If it wasn’t clear the city of LA doesn’t care about the Rams, look at its stadium during games. They have been struggling to fill up the “Coliseum.” The issue with teams in big cities is the incredibly fickle fans that tend to live there. They only want to see teams that win ie: Warriors, Lakers, Angels, Dodgers, etc. So, it isn’t surprising that nobody wants to watch a “Middle-school offense” as described by RB Todd Gurley.
To recapture the hearts of former fans?
My next thought was that maybe the Chargers are trying to grab a piece of the large "unclaimed" Los Angeles population by moving a team that once played in LA, back to LA. This is much like the Rams are trying to do now. There is another huge problem with this idea: Los Angeles is full of Oakland Raiders fans. As reported in the LA Times, “It would have to then be clear that the Raiders could not make it work in Oakland. At that point, NFL owners should realize that while Las Vegas is a nice attraction, Los Angeles is the only other logical home for the Raiders, besides Oakland, because in many ways it already is their home.” If you watched the Oakland Raiders vs Los Angeles Rams game earlier this season, you wouldn’t have guessed that the Rams were the home team. This was due to the large flood of black and silver seen throughout the stands.
The truth is that the Raiders have been able to attract a fan base in Los Angeles that very few franchises have been able to attract in general. As mentioned in the same LA Times article, “‘It’s a culture thing around here, and it’s been that way for a while,’ said Tony, 55. ‘It’s an inner-city culture, black, Latino, everyone following the mystique of an underdog team, something many people in all parts of Los Angeles can relate to.’” It’s obvious that Los Angeles still has the fan base to support the team, even after all these years after returning to Oakland. And with the Raiders rumored to move to Las Vegas, or even San Diego, it leads to the question of why did the NFL not think this through at all? Out of all three former LA teams, they chose the two that nobody in the city actually cares about. The Raiders are young, exciting, and unlike the Chargers and Rams, they don’t suck.
All this talk about which teams should and shouldn’t be in LA leads to another question: does Los Angeles even care about football? In a poll taken by SurveyUSA, only 37% mentioned that an NFL team coming to LA was “very important” to them. The USC Trojans have been the go to team for almost 20 years and that may be a difficult mold to break for the Rams’ and Chargers’ ownership groups. While of course this number could change in the future, how big are you going to be able to grow two mediocre teams' fan bases while already being in a city that supports other teams?
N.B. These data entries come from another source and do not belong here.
-- ===== src/Tests/Registry.antt =====
-- Runs of src/resource_registry.rs.
use svc_resillience_rs.Prelude.{◌≡◌, ◌≢◌, refl, List, [], ◌∷◌, some, ◌<◌, arith, length}
use svc_resillience_rs.Route.{same_id}
use svc_resillience_rs.Registry.{
  RouteResourcePolicy, Cell, bulkhead_cell, bulkhead_part, insert_new, resources_new,
  RouteResourceRegistry, registry_new, lookup, get, or_insert, get_or_create, retire, len,
  use_primary, Step, creating, retiring, primary_call, shadow_call, perform, perform_all,
}
use svc_resillience_rs.Registry.Laws.{get_or_create_converges}
use svc_resillience_rs.Registry.Isolation.{primary_of, shadow_of, halves_isolated}
use svc_resillience_rs.Registry.Retirement.{retired_for_good}
use svc_resillience_rs.Bulkhead.{new}
use svc_resillience_rs.Tests.{id_a, route_b}
use svc_resillience_rs.Registry.Refinement.{direct_all, registry_refines}

abbrev some_policy : RouteResourcePolicy
some_policy = record {
  circuit_breaker = record {
    failure_threshold = 2;
    open_timeout = 10;
    half_open_success_threshold = 2;
  };
  bulkhead_capacity = 4;
  retry_budget = record { capacity = 2; replenish_per_success = 1 };
}

-- A call on the primary half that takes a slot of its bulkhead.
abbrev take_slot : Cell → Cell
take_slot c = bulkhead_cell (record { capacity = 4; in_flight = 1 })

abbrev before : List Step
before = creating id_a ∷ creating route_b.id ∷ primary_call 0 bulkhead_part take_slot ∷ []

-- A route is retired and comes back.
abbrev history : List Step
history = creating id_a ∷ creating route_b.id ∷ retiring id_a ∷ creating id_a ∷ []

abbrev after : List Step
after = creating id_a ∷ primary_call 0 bulkhead_part take_slot ∷ retiring route_b.id ∷ []

abbrev in_use : RouteResourceRegistry
in_use = perform_all (registry_new some_policy some_policy) before

abbrev retired : RouteResourceRegistry
retired = record in_use { routes = (route_b.id, 1) ∷ [] }

two_routes : len in_use ≡ 2
unfolding len perform_all perform registry_new or_insert use_primary same_id
two_routes = refl

retired_a : retire in_use id_a ≡ (retired, some 0)
unfolding retire get lookup perform_all perform registry_new or_insert use_primary same_id
retired_a = refl

get_or_create_converges_example :
    get_or_create
      (λ r. r)
      (perform_all
        (get_or_create (λ r. (or_insert r id_a).0) in_use id_a).0
        (creating route_b.id ∷ []))
      id_a
    ≡ (
      perform_all
          (get_or_create (λ r. (or_insert r id_a).0) in_use id_a).0
          (creating route_b.id ∷ []),
      (get_or_create (λ r. (or_insert r id_a).0) in_use id_a).1,
    )
get_or_create_converges_example =
    get_or_create_converges (λ r. (or_insert r id_a).0) (λ r. r) in_use id_a
      (creating route_b.id ∷ []) (tt, tt)

-- The call on the primary bulkhead of the first set shows there, and not in the shadow one.
bulkheads :
    (primary_of in_use 0 bulkhead_part
      ≡ some (bulkhead_cell (record { capacity = 4; in_flight = 1 })))
    × (shadow_of in_use 0 bulkhead_part
        ≡ some (bulkhead_cell (record { capacity = 4; in_flight = 0 })))
unfolding perform_all perform registry_new or_insert insert_new resources_new use_primary same_id
    new
bulkheads = (refl, refl)

there_is_one : 0 < length in_use.heap
there_is_one =
    unfold perform_all in
    unfold perform in
    unfold registry_new in unfold or_insert in unfold use_primary in unfold same_id in omega arith

halves_isolated_example :
    (primary_of
        (perform_all in_use (shadow_call 0 bulkhead_part (λ s. s) ∷ creating id_a ∷ []))
        0
        bulkhead_part
      ≡ primary_of in_use 0 bulkhead_part)
    × (shadow_of (perform_all in_use (primary_call 0 bulkhead_part take_slot ∷ [])) 0 bulkhead_part
        ≡ shadow_of in_use 0 bulkhead_part)
halves_isolated_example =
    halves_isolated some_policy some_policy before
      (shadow_call 0 bulkhead_part (λ s. s) ∷ creating id_a ∷ [])
      (primary_call 0 bulkhead_part take_slot ∷ []) 0 bulkhead_part there_is_one (tt, (tt, tt))
      (tt, tt)

retired_for_good_example :
    (get (perform_all retired after) id_a ≢ some 0)
    × ((get_or_create (λ q. perform_all q (retiring id_a ∷ [])) (perform_all retired after) id_a).1
        ≢ 0)
retired_for_good_example =
    retired_for_good some_policy some_policy before after (retiring id_a ∷ []) retired id_a id_a 0
      retired_a

registry_refines_example :
    (get (perform_all (registry_new some_policy some_policy) history) id_a ≡ some 2)
    × (length (perform_all (registry_new some_policy some_policy) history).heap ≡ 3)
    × (len (perform_all (registry_new some_policy some_policy) history) ≡ 2)
unfolding direct_all same_id
registry_refines_example = registry_refines some_policy some_policy history id_a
So why is Los Angeles, a city that shows no interest in even one NFL team, getting a second one? Meanwhile two markets that loved their teams in St. Louis and San Diego are losing theirs? Is it because it is more profitable for a team to be in LA? Or is it because another NFL owner blackmailed a team into relocation? For a league that often says “Football is Family,” it is shocking how often they fail to live up to that motto. Whether it’s the Oilers, Browns, and Colts moving in the 90’s, or the Los Angeles situation now, time and time again the NFL has gone on to show us that they don’t care about their fans, or better yet their players; they care about filling their pockets. As best said by the LA Times following the announcement of the Chargers' “homecoming”: "We Don't Want You."